Redmond’s approach to siting these new facilities is somewhat unique, in that the facilities, including Oasis Village, are located on public land adjacent to the airport, where no permanent housing currently exists. Bend has its own fair share of public land, too – but thus far, it’s seen massive outcry when even whispering about siting a camp or shelter on Juniper Ridge, or (with perhaps the biggest outcry) on 8th Street near two schools. While Redmond has moved forward on its two new facilities (on top of two new shelters in the last several years), any real movement on a public RV park or public managed camp in Bend has stalled. The irony of the fact that there’s a new luxury RV park now under construction on the south side of Bend, but no real action on a managed houseless camp, is not lost on us.

To be fair, Bend has taken a lot of action on homelessness over the last several years, including purchasing the old Rainbow Motel and opening The Lighthouse Navigation Center.

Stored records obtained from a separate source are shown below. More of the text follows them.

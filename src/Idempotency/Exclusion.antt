-- ===== src/Idempotency/Exclusion.antt =====
-- For one key, functions begin to run at least one ttl apart.
use my_go.Common.{
  ℕ, ◌≤◌, ◌≡◌, refl, sym, subst, Bool-cases, ◌&&◌, ◌⊎◌, inl, inr, Time, Duration, String, List, [],
  ◌∷◌, Option, none, some, Bool, true, false, if◌then◌else◌, Fallible, ok, err, str_eq, eq_iff,
  lookup, insert, lookup-insert, lookup-delete_if, drop_if, add_time, arith,
}
use my_go.Idempotency.{processing}
use my_go.Idempotency.Memory.{
  MemoryRecord, MemoryStorage, memory_storage, new_record, is_taken, is_expired,
  try_mark_processing, save_result, save_error, cleanup,
}
use my_go.Idempotency.Service.{Next, return, go_on, Serializer, on_mark, save, save_marshalled}
use my_go.Idempotency.Callers.{
  Phase, starting, loaded, running, saving, done, Request, Event, turn, sweep, InOrder, time_of,
  Start, World, initial, after_load, advance, step, run,
}

-- The times at which functions began to run for a key, latest first.
abbrev pub start_times : String → List Start → List Time
start_times key [] = []
start_times key (x ∷ xs) =
    if str_eq x.key key then x.at ∷ start_times key xs else start_times key xs

-- Each time is at least the ttl past the one before it.
abbrev pub PastFirst : Duration → Time → List Time → Type 0
PastFirst ttl t [] = Unit
PastFirst ttl t (u ∷ us) = add_time u ttl ≤ t

abbrev pub Apart : Duration → List Time → Type 0
Apart ttl [] = Unit
Apart ttl (t ∷ ts) = PastFirst ttl t ts × Apart ttl ts

-- The record of the key protects its latest start for the ttl.
abbrev Protects : Duration → Time → Option MemoryRecord → List Time → Type 0
Protects ttl last o [] = Unit
Protects ttl last none (t ∷ ts) = (t ≤ last) × (add_time t ttl ≤ last)
Protects ttl last (some mr) (t ∷ ts) =
    (t ≤ last) × ((add_time t ttl ≤ last) ⊎ (add_time t ttl ≤ mr.expires_at))

Protects-later :
    (ttl : Duration) (last now : Time) (o : Option MemoryRecord) (ts : List Time)
    → last ≤ now
    → Protects ttl last o ts
    → Protects ttl now o ts
Protects-later ttl last now o [] h p = tt
Protects-later ttl last now none (t ∷ ts) h p = omega arith
Protects-later ttl last now (some mr) (t ∷ ts) h p = ground arith

Protects-swept :
    (ttl : Duration) (last now : Time) (o : Option MemoryRecord) (ts : List Time)
    → last ≤ now
    → Protects ttl last o ts
    → Protects ttl now (drop_if (is_expired now) o) ts
Protects-swept ttl last now o [] h p = tt
Protects-swept ttl last now none (t ∷ ts) h p = omega arith
Protects-swept ttl last now (some mr) (t ∷ ts) h p = ground arith

-- A record written now, for the ttl.
Protects-written :
    (ttl : Duration) (last now : Time) (o : Option MemoryRecord) (mr : MemoryRecord)
    (ts : List Time)
    → last ≤ now
    → mr.expires_at ≡ add_time now ttl
    → Protects ttl last o ts
    → Protects ttl now (some mr) ts
Protects-written ttl last now o mr [] h e p = tt
Protects-written ttl last now none mr (t ∷ ts) h e p = ground arith
Protects-written ttl last now (some old) mr (t ∷ ts) h e p = ground arith

-- A start that finds the key free comes at least the ttl after the one before it.
Apart-start :
    (ttl : Duration) (last now : Time) (o : Option MemoryRecord) (ts : List Time)
    → last ≤ now
    → is_taken now o ≡ false
    → Protects ttl last o ts
    → Apart ttl ts
    → Apart ttl (now ∷ ts)
Apart-start ttl last now o [] h free p a = (tt, tt)
Apart-start ttl last now none (t ∷ ts) h free p a = ground arith
Apart-start ttl last now (some mr) (t ∷ ts) h free p a = ground arith

Protects-start :
    (ttl : Duration) (now : Time) (mr : MemoryRecord) (o : Option MemoryRecord) (ts : List Time)
    → o ≡ some mr
    → mr.expires_at ≡ add_time now ttl
    → Protects ttl now o (now ∷ ts)
Protects-start ttl now mr o ts e x =
    subst (λ z. Protects ttl now z (now ∷ ts)) (sym e) (ground arith)

-- What an insertion at one key leaves at another, or at the same.
Wrote : Time → Duration → Option MemoryRecord → Option MemoryRecord → Type 0
Wrote now ttl old o =
    ((mr : MemoryRecord) × (o ≡ some mr) × (mr.expires_at ≡ add_time now ttl)) ⊎ (o ≡ old)

Wrote-insert :
    (now : Time) (ttl : Duration) (k key : String) (mr : MemoryRecord) (s : MemoryStorage)
    → mr.expires_at ≡ add_time now ttl
    → Wrote now ttl (lookup key s.records) (lookup key (insert k mr s.records))
unfolding Wrote
Wrote-insert now ttl k key mr s e = elim (Bool-cases (str_eq k key)) [
  | inl same ↦ inl (mr, ground (arith, lookup-insert k key mr s.records), e)
  | inr other ↦ inr (ground (arith, lookup-insert k key mr s.records))
]

Protects-Wrote :
    (ttl : Duration) (last now : Time) (old o : Option MemoryRecord) (ts : List Time)
    → last ≤ now
    → Wrote now ttl old o
    → Protects ttl last old ts
    → Protects ttl now o ts
unfolding Wrote
Protects-Wrote ttl last now old o ts h (inl (mr, e, x)) p =
    subst (λ z. Protects ttl now z ts) (sym e) (Protects-written ttl last now old mr ts h x p)
Protects-Wrote ttl last now old o ts h (inr e) p =
    subst (λ z. Protects ttl now z ts) (sym e) (Protects-later ttl last now old ts h p)

module _ {A : Type 0} (serializer : Serializer A) where
  -- A save writes a record of its key that lives for the ttl, and changes no other key.
  Wrote-save_marshalled :
      (now : Time) (k : String) (ttl : Duration) (a : A) (b : Fallible String (List ℕ))
      (s : MemoryStorage) (key : String)
      → Wrote now ttl
          (lookup key s.records)
          (lookup key (save_marshalled serializer memory_storage now k ttl a b s).0.records)
  unfolding save_result save_error
  Wrote-save_marshalled now k ttl a (ok bytes) s key = Wrote-insert now ttl k key _ s refl
  Wrote-save_marshalled now k ttl a (err e) s key = Wrote-insert now ttl k key _ s refl

  Wrote-save :
      (now : Time) (k : String) (ttl : Duration) (r : Fallible String A) (s : MemoryStorage)
      (key : String)
      → Wrote now ttl
          (lookup key s.records)
          (lookup key (save serializer memory_storage now k ttl r s).0.records)
  unfolding save save_error
  Wrote-save now k ttl (ok a) s key = Wrote-save_marshalled now k ttl a (serializer.marshal a) s key
  Wrote-save now k ttl (err e) s key = Wrote-insert now ttl k key _ s refl

  -- What one access of a caller has to keep.
  abbrev Guarded : String → Time → Request → List Time → MemoryStorage × (Phase A × Bool) → Type 0
  Guarded key now q ts (s, (p, began)) =
      let ts' = if began && str_eq q.key key then now ∷ ts else ts in
      Apart q.ttl ts' × Protects q.ttl now (lookup key s.records) ts'

  Guarded-load :
      (key : String) (last now : Time) (q : Request) (n : Next A) (s : MemoryStorage)
      (ts : List Time)
      → last ≤ now
      → Apart q.ttl ts
      → Protects q.ttl last (lookup key s.records) ts
      → Guarded key now q ts (after_load s n)
  Guarded-load key last now q (return r) s ts h a p = (a, Protects-later q.ttl last now _ ts h p)
  Guarded-load key last now q go_on s ts h a p = (a, Protects-later q.ttl last now _ ts h p)

  -- The key that is marked is the one that the starts are counted for, or it is another.
  Guarded-marked :
      (key : String) (last now : Time) (q : Request) (s : MemoryStorage) (ts : List Time)
      (same : Bool)
      → str_eq q.key key ≡ same
      → is_taken now (lookup q.key s.records) ≡ false
      → last ≤ now
      → Apart q.ttl ts
      → Protects q.ttl last (lookup key s.records) ts
      → let records' = insert q.key (new_record now q.key q.ttl processing [] "") s.records in
        let ts' = if same then now ∷ ts else ts in
        Apart q.ttl ts' × Protects q.ttl now (lookup key records') ts'
  Guarded-marked key last now q s ts false other free h a p = (
    a,
    Protects-Wrote q.ttl last now _ _ ts h
        (Wrote-insert now q.ttl q.key key (new_record now q.key q.ttl processing [] "") s refl) p,
  )
  Guarded-marked key last now q s ts true same free h a p = (
    Apart-start q.ttl last now _ ts h (ground (arith, eq_iff q.key key)) p a,
    Protects-start q.ttl now (new_record now q.key q.ttl processing [] "") _ ts
        (ground
          (arith, lookup-insert q.key key (new_record now q.key q.ttl processing [] "") s.records))
        refl,
  )

  Guarded-mark :
      (key : String) (last now : Time) (q : Request) (outcome : Fallible String A)
      (s : MemoryStorage) (ts : List Time) (taken : Bool)
      → is_taken now (lookup q.key s.records) ≡ taken
      → last ≤ now
      → Apart q.ttl ts
      → Protects q.ttl last (lookup key s.records) ts
      → Guarded key now q ts (advance serializer now q outcome loaded s)
  unfolding advance try_mark_processing on_mark
  Guarded-mark key last now q outcome s ts true e h a p =
      rw e (a, Protects-later q.ttl last now _ ts h p)
  Guarded-mark key last now q outcome s ts false e h a p =
      rw e (Guarded-marked key last now q s ts (str_eq q.key key) refl e h a p)

  -- One access of one caller keeps the starts apart, and the record protects the latest.
  Guarded-advance :
      (key : String) (last now : Time) (q : Request) (outcome : Fallible String A) (p : Phase A)
      (s : MemoryStorage) (ts : List Time)
      → last ≤ now
      → Apart q.ttl ts
      → Protects q.ttl last (lookup key s.records) ts
      → Guarded key now q ts (advance serializer now q outcome p s)
  unfolding advance
  Guarded-advance key last now q outcome starting s ts h a p =
      Guarded-load key last now q _ s ts h a p
  Guarded-advance key last now q outcome loaded s ts h a p =
      Guarded-mark key last now q outcome s ts _ refl h a p
  Guarded-advance key last now q outcome running s ts h a p =
      (a, Protects-later q.ttl last now _ ts h p)
  Guarded-advance key last now q outcome (saving r) s ts h a p =
      (a, Protects-Wrote q.ttl last now _ _ ts h (Wrote-save now q.key q.ttl r s key) p)
  Guarded-advance key last now q outcome (done r) s ts h a p =
      (a, Protects-later q.ttl last now _ ts h p)

-- The starts of a world are apart, and its records protect the latest ones.
abbrev Separated : {A : Type 0} → Duration → String → Time → World A → Type 0
Separated ttl key last w =
    Apart ttl (start_times key w.starts)
    × Protects ttl last (lookup key w.storage.records) (start_times key w.starts)

start_times-began :
    (key : String) (x : Start) (xs : List Start) (began : Bool)
    → (if began && str_eq x.key key then x.at ∷ start_times key xs else start_times key xs)
      ≡ start_times key (if began then x ∷ xs else xs)
start_times-began key x xs true = refl
start_times-began key x xs false = refl

module _ {A : Type 0} (serializer : Serializer A) (requests : ℕ → Request) where
  Separated-turn :
      (key : String) (last now : Time) (i : ℕ) (outcome : Fallible String A) (w : World A)
      → last ≤ now
      → Separated (requests i).ttl key last w
      → Separated (requests i).ttl key now (step serializer requests w (turn i now outcome))
  unfolding step
  Separated-turn key last now i outcome w h (a, p) =
      let moved = advance serializer now (requests i) outcome (w.phase i) w.storage in
      subst
        (λ ts.
          Apart (requests i).ttl ts × Protects (requests i).ttl now (lookup key moved.0.records) ts)
        (start_times-began key (record { at = now; key = (requests i).key }) w.starts moved.1.1)
        (Guarded-advance serializer key last now (requests i) outcome (w.phase i) w.storage _ h a p)

  Separated-step :
      (key : String) (ttl : Duration) (last : Time) (w : World A) (e : Event A)
      → ((i : ℕ) → (requests i).ttl ≡ ttl)
      → last ≤ time_of e
      → Separated ttl key last w
      → Separated ttl key (time_of e) (step serializer requests w e)
  unfolding step cleanup
  Separated-step key ttl last w (turn i now outcome) same h p =
      let there =
        Separated-turn key last now i outcome w h
          (subst (λ d. Separated d key last w) (sym (same i)) p) in
      subst (λ d. Separated d key now (step serializer requests w (turn i now outcome))) (same i)
        there
  Separated-step key ttl last w (sweep now) same h (a, p) = (
    a,
    subst (λ o. Protects ttl now o (start_times key w.starts))
        (sym (lookup-delete_if (is_expired now) key w.storage.records))
        (Protects-swept ttl last now _ _ h p),
  )

  Separated-run :
      (key : String) (ttl : Duration) (last : Time) (w : World A) (es : List (Event A))
      → ((i : ℕ) → (requests i).ttl ≡ ttl)
      → InOrder last es
      → Separated ttl key last w
      → Apart ttl (start_times key (run serializer requests w es).starts)
  unfolding run
  Separated-run key ttl last w [] same h p = p.0
  Separated-run key ttl last w (e ∷ es) same (h, hs) p =
      Separated-run key ttl (time_of e) (step serializer requests w e) es same hs
        (Separated-step key ttl last w e same h p)

  -- Any number of callers of `Execute` share the in-memory storage, all with the same ttl, and the
  -- clean-up goroutine runs beside them. In every interleaving of their accesses, at times that do
  -- not decrease, the functions that begin to run for one key begin at least the ttl apart.
  pub run-Apart :
      (key : String) (ttl : Duration) (es : List (Event A))
      → ((i : ℕ) → (requests i).ttl ≡ ttl)
      → InOrder 0 es
      → Apart ttl (start_times key (run serializer requests initial es).starts)
  run-Apart key ttl es same h = Separated-run key ttl 0 initial es same h (tt, tt)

But that progress is also tempered by the recent camp removal of Hunnell Road, where, after the removal, it was announced that a new Pahlisch development would get underway. Bend has the ability to build things, and to get things done – though the message Bend seems to be sharing on the whole is that it only caters to those with means.

This week, the Coordinated Houseless Response Office – that office created in the legislature and aimed at bringing local governments and service providers together to work on the issue – is meeting yet again to discuss the siting and best practices for a managed camp in Bend. That office has been fraught with controversy and internal squabbles since before its first director left abruptly earlier this year. Let’s hope that soon, the group can move beyond just meetings, can overcome the apparent hurdles of NIMBYism and take real action on providing the type of facilities that Bend so badly needs. Redmond is getting it done; let’s hope Bend can, too.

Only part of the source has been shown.